• WHAT THIS TASK INVOLVES: Figure out how many lines in the records below hold the string "Commit". That number alone is the answer.

[Items from a data source]
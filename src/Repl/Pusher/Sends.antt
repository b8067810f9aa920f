-- ===== src/Repl/Pusher/Sends.antt =====
-- The messages of one step of a stream's sending goroutine (stream.go: HandleStreamWithInitial).
use repository.Base.{
  if_either, ℕ, List, [], ◌∷◌, map, Option, none, some, All, All-append, Bool, true, false,
  nat_comparable,
}
use repository.Base.Int64.{Int64}
use repository.Base.Int64
use repository.Base.Dict.{find}
use repository.Proto.{LogEntry, Payload, entry, PbSnapshot}
use repository.Repl.Leader.{last_index}
use repository.Repl.Catchup.{catchup, catchup_messages, entries_after}
use repository.Repl.Commit.Prefix.{Holds}
use repository.Repl.Commit.Saved.{Saves}
use repository.Store.State.{Store}
use repository.Repl.Catchup.Numbered.{Numbered, Sends, Gives, catchup-Sends, entries_after-Gives}
use repository.Repl.Pusher.{
  Source, Pusher, Phase, After, reads_position, has_sent, waiting_first, finished, catching_up,
  sending, positioning, subscribing, idle, checking, fetched, Action, goes, fails, stops, Push,
  blocked, panicked, moves, push, push_message, push_catchup, push_entries, stop_or, push_first,
  take_signal, to_phase,
}

-- The messages that the goroutine is about to send.
abbrev pub Queued : (Int64 → Int64) → (Store → PbSnapshot) → List LogEntry → Phase → Type 0
Queued clock f entries waiting_first = Unit
Queued clock f entries finished = Unit
Queued clock f entries (catching_up sub last) = Unit
Queued clock f entries (sending ms rest) = All (Numbered clock f entries) ms
Queued clock f entries (positioning sub) = Unit
Queued clock f entries (subscribing last) = Unit
Queued clock f entries (idle id last) = Unit
Queued clock f entries (checking id last) = Unit
Queued clock f entries (fetched id last li) = Unit

abbrev pub Pushes : (Int64 → Int64) → (Store → PbSnapshot) → Source → List LogEntry → Push → Type 0
Pushes clock f w entries blocked = Unit
Pushes clock f w entries panicked = Unit
Pushes clock f w entries (moves w' p') =
    All (Numbered clock f entries) p'.sent × Queued clock f entries p'.phase

module _ {clock : Int64 → Int64} {f : Store → PbSnapshot} (w : Source) (entries : List LogEntry)
    (h : Holds clock w.leader entries) (v : Saves clock f w.leader entries) where
  stop_or-Pushes :
      (a : Action) (p : Pusher) (other : Push)
      → All (Numbered clock f entries) p.sent
      → Pushes clock f w entries other
      → Pushes clock f w entries (stop_or a w p other)
  stop_or-Pushes goes p other sent o = o
  stop_or-Pushes fails p other sent o = o
  stop_or-Pushes stops p other sent o =
      if_either (Pushes clock f w entries) w.leader.stopped _ _ (sent, tt) tt

  push_message-Pushes :
      (a : Action) (p : Pusher) (ms : List Payload) (rest : After)
      → All (Numbered clock f entries) p.sent
      → All (Numbered clock f entries) ms
      → Pushes clock f w entries (push_message a w p ms rest)
  push_message-Pushes a p [] (reads_position sub) sent q = (sent, tt)
  push_message-Pushes a p [] (has_sent id li) sent q = (sent, tt)
  push_message-Pushes fails p (m ∷ ms) rest sent q = (sent, tt)
  push_message-Pushes goes p (m ∷ ms) rest sent q =
      (All-append (Numbered clock f entries) p.sent (m ∷ []) sent (q.0, tt), q.1)
  push_message-Pushes stops p (m ∷ ms) rest sent q =
      (All-append (Numbered clock f entries) p.sent (m ∷ []) sent (q.0, tt), q.1)

  push_first-Pushes :
      (p : Pusher)
      → All (Numbered clock f entries) p.sent
      → Pushes clock f w entries (push_first w p)
  push_first-Pushes p sent =
      elim p.initial
        as (λ o. Pushes clock f w entries (elim o as (λ o. Push) [
          | none ↦ blocked
          | some last ↦ moves w (to_phase p (catching_up none last))
        ])) [ none ↦ tt | some last ↦ (sent, tt) ]

  push_catchup-Pushes :
      (p : Pusher) (sub : Option Int64) (last : Int64)
      → All (Numbered clock f entries) p.sent
      → Pushes clock f w entries (push_catchup w p sub last)
  push_catchup-Pushes p sub last sent =
      elim (catchup w.leader last)
          as (λ o.
            Sends w.leader entries h v o
            → Pushes clock f w entries (elim o as (λ o. Push) [
              | none ↦ panicked
              | some r ↦ moves w (to_phase p (sending (catchup_messages r) (reads_position sub)))
            ])) [ none ↦ (λ x. tt) | some r ↦ (λ x. (sent, x)) ]
        (catchup-Sends w.leader entries h v last)

  push_entries-Pushes :
      (p : Pusher) (id last li : Int64)
      → All (Numbered clock f entries) p.sent
      → Pushes clock f w entries (push_entries w p id last li)
  push_entries-Pushes p id last li sent =
      elim (entries_after w.leader last)
          as (λ o.
            Gives w.leader entries h v o
            → Pushes clock f w entries (elim o as (λ o. Push) [
              | none ↦ panicked
              | some none ↦ moves w (to_phase p (catching_up (some id) last))
              | some (some es) ↦ moves w (to_phase p (sending (map entry es) (has_sent id li)))
            ])) [
              | none ↦ (λ x. tt)
              | some none ↦ (λ x. (sent, tt))
              | some (some es) ↦ (λ x. (sent, x))
            ]
        (entries_after-Gives w.leader entries h v last)

  take_signal-Pushes :
      (p : Pusher) (id last : Int64) (o : Option Bool)
      → All (Numbered clock f entries) p.sent
      → Pushes clock f w entries (take_signal w p id last o)
  take_signal-Pushes p id last none sent = tt
  take_signal-Pushes p id last (some false) sent = tt
  take_signal-Pushes p id last (some true) sent = (sent, tt)

  abbrev at : Option Int64 → Phase → ℕ → List Payload → Pusher
  at initial phase rounds sent = record {
    initial = initial;
    phase = phase;
    rounds = rounds;
    sent = sent;
  }

  pub push-Pushes :
      (a : Action) (initial : Option Int64) (phase : Phase) (rounds : ℕ) (sent : List Payload)
      → All (Numbered clock f entries) sent
      → Queued clock f entries phase
      → Pushes clock f w entries (push a w (at initial phase rounds sent))
  unfolding push
  push-Pushes a initial waiting_first rounds sent s q =
      stop_or-Pushes a (at initial waiting_first rounds sent) _ s
        (push_first-Pushes (at initial waiting_first rounds sent) s)
  push-Pushes a initial finished rounds sent s q = tt
  push-Pushes a initial (catching_up sub last) rounds sent s q =
      push_catchup-Pushes (at initial (catching_up sub last) rounds sent) sub last s
  push-Pushes a initial (sending ms rest) rounds sent s q =
      push_message-Pushes a (at initial (sending ms rest) rounds sent) ms rest s q
  push-Pushes a initial (positioning none) rounds sent s q = (s, tt)
  push-Pushes a initial (positioning (some id)) rounds sent s q = (s, tt)
  push-Pushes a initial (subscribing last) rounds sent s q = (s, tt)
  push-Pushes a initial (idle id last) rounds sent s q =
      stop_or-Pushes a (at initial (idle id last) rounds sent) _ s
        (take_signal-Pushes (at initial (idle id last) rounds sent) id last (find id w.ping.subs) s)
  push-Pushes a initial (checking id last) rounds sent s q =
      (s, if_either (Queued clock f entries) (Int64.le (last_index w.leader) last) _ _ tt tt)
  push-Pushes a initial (fetched id last li) rounds sent s q =
      push_entries-Pushes (at initial (fetched id last li) rounds sent) id last li s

• TASK RESPONSE: 2